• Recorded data
────────────────────
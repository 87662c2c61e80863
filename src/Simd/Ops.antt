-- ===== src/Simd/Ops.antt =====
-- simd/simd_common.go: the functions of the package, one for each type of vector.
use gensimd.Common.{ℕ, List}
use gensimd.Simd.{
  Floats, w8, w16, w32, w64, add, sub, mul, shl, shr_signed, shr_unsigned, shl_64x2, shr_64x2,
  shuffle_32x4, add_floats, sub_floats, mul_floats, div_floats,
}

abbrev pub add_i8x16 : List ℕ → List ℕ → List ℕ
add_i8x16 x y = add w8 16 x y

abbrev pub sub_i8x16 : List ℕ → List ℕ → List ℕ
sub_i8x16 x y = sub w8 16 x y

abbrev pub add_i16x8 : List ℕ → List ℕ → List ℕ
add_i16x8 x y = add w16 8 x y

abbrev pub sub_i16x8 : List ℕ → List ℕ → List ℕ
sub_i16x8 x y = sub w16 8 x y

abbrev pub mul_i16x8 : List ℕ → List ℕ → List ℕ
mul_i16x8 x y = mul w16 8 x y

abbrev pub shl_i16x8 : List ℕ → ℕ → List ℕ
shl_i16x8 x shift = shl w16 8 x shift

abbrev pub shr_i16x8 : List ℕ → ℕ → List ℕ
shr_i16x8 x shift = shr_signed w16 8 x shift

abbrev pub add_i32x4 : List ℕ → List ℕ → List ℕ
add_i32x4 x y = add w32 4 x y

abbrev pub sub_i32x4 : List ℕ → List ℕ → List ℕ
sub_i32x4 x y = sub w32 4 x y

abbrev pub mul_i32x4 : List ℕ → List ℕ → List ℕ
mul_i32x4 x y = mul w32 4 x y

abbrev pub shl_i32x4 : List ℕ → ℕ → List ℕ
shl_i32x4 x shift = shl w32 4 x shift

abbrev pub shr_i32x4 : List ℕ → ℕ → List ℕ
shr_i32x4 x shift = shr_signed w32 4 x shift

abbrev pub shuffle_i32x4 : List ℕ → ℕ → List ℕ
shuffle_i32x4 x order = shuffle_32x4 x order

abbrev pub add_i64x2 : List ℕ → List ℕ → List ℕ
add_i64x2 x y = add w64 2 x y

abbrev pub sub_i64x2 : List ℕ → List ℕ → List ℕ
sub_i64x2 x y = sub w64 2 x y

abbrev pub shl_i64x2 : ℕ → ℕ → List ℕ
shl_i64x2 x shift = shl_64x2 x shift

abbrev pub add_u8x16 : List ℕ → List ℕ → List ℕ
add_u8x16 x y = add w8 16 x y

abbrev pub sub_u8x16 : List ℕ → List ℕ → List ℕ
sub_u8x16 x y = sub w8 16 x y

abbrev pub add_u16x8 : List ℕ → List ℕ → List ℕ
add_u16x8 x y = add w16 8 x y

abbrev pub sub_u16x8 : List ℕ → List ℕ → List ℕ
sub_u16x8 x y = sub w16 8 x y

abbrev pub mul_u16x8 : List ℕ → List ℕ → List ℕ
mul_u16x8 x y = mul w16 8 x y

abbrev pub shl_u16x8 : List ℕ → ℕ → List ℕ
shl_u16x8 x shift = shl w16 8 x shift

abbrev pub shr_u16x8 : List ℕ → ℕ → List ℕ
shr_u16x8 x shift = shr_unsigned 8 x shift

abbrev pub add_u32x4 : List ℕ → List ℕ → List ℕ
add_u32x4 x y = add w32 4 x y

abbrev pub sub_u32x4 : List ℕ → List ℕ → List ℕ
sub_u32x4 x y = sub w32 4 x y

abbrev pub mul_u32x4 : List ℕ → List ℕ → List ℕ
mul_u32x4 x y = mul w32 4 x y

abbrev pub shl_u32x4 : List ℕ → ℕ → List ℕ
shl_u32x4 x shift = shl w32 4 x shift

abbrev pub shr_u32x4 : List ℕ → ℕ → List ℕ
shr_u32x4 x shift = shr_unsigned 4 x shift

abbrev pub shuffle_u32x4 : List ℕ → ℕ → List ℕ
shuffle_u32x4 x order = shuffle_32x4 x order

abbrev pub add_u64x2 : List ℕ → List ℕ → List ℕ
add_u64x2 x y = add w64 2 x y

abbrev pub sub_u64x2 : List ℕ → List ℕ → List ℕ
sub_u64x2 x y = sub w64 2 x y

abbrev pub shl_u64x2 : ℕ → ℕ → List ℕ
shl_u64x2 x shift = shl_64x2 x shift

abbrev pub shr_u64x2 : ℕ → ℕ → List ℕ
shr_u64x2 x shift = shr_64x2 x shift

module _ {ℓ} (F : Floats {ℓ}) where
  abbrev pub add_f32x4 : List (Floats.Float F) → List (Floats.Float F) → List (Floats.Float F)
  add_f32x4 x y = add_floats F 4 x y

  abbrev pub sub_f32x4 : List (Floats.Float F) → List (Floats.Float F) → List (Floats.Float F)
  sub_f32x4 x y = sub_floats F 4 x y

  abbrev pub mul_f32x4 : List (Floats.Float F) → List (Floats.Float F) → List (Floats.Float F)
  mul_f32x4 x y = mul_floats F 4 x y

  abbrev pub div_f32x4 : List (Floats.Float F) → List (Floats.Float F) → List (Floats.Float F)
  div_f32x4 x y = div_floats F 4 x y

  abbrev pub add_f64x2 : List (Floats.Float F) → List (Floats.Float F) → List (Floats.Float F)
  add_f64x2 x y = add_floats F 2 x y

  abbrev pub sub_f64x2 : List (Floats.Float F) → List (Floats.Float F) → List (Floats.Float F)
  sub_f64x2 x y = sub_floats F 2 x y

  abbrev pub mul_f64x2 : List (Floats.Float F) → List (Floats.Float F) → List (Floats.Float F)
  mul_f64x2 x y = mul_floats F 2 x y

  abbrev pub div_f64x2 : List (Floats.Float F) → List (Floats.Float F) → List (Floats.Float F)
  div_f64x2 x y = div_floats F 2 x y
────────────────────
• Problem to work on
Return only the lines between the one holding "add_u64x2 x y = add w64 2 x y" and the one holding "mul_f32x4 x y = mul_floats F 4 x y", inclusive, exactly as they appear above.

• Task answer
add_u64x2 x y = add w64 2 x y

abbrev pub sub_u64x2 : List ℕ → List ℕ → List ℕ
sub_u64x2 x y = sub w64 2 x y

abbrev pub shl_u64x2 : ℕ → ℕ → List ℕ
shl_u64x2 x shift = shl_64x2 x shift

abbrev pub shr_u64x2 : ℕ → ℕ → List ℕ
shr_u64x2 x shift = shr_64x2 x shift

module _ {ℓ} (F : Floats {ℓ}) where
  abbrev pub add_f32x4 : List (Floats.Float F) → List (Floats.Float F) → List (Floats.Float F)
  add_f32x4 x y = add_floats F 4 x y

  abbrev pub sub_f32x4 : List (Floats.Float F) → List (Floats.Float F) → List (Floats.Float F)
  sub_f32x4 x y = sub_floats F 4 x y

  abbrev pub mul_f32x4 : List (Floats.Float F) → List (Floats.Float F) → List (Floats.Float F)
  mul_f32x4 x y = mul_floats F 4 x y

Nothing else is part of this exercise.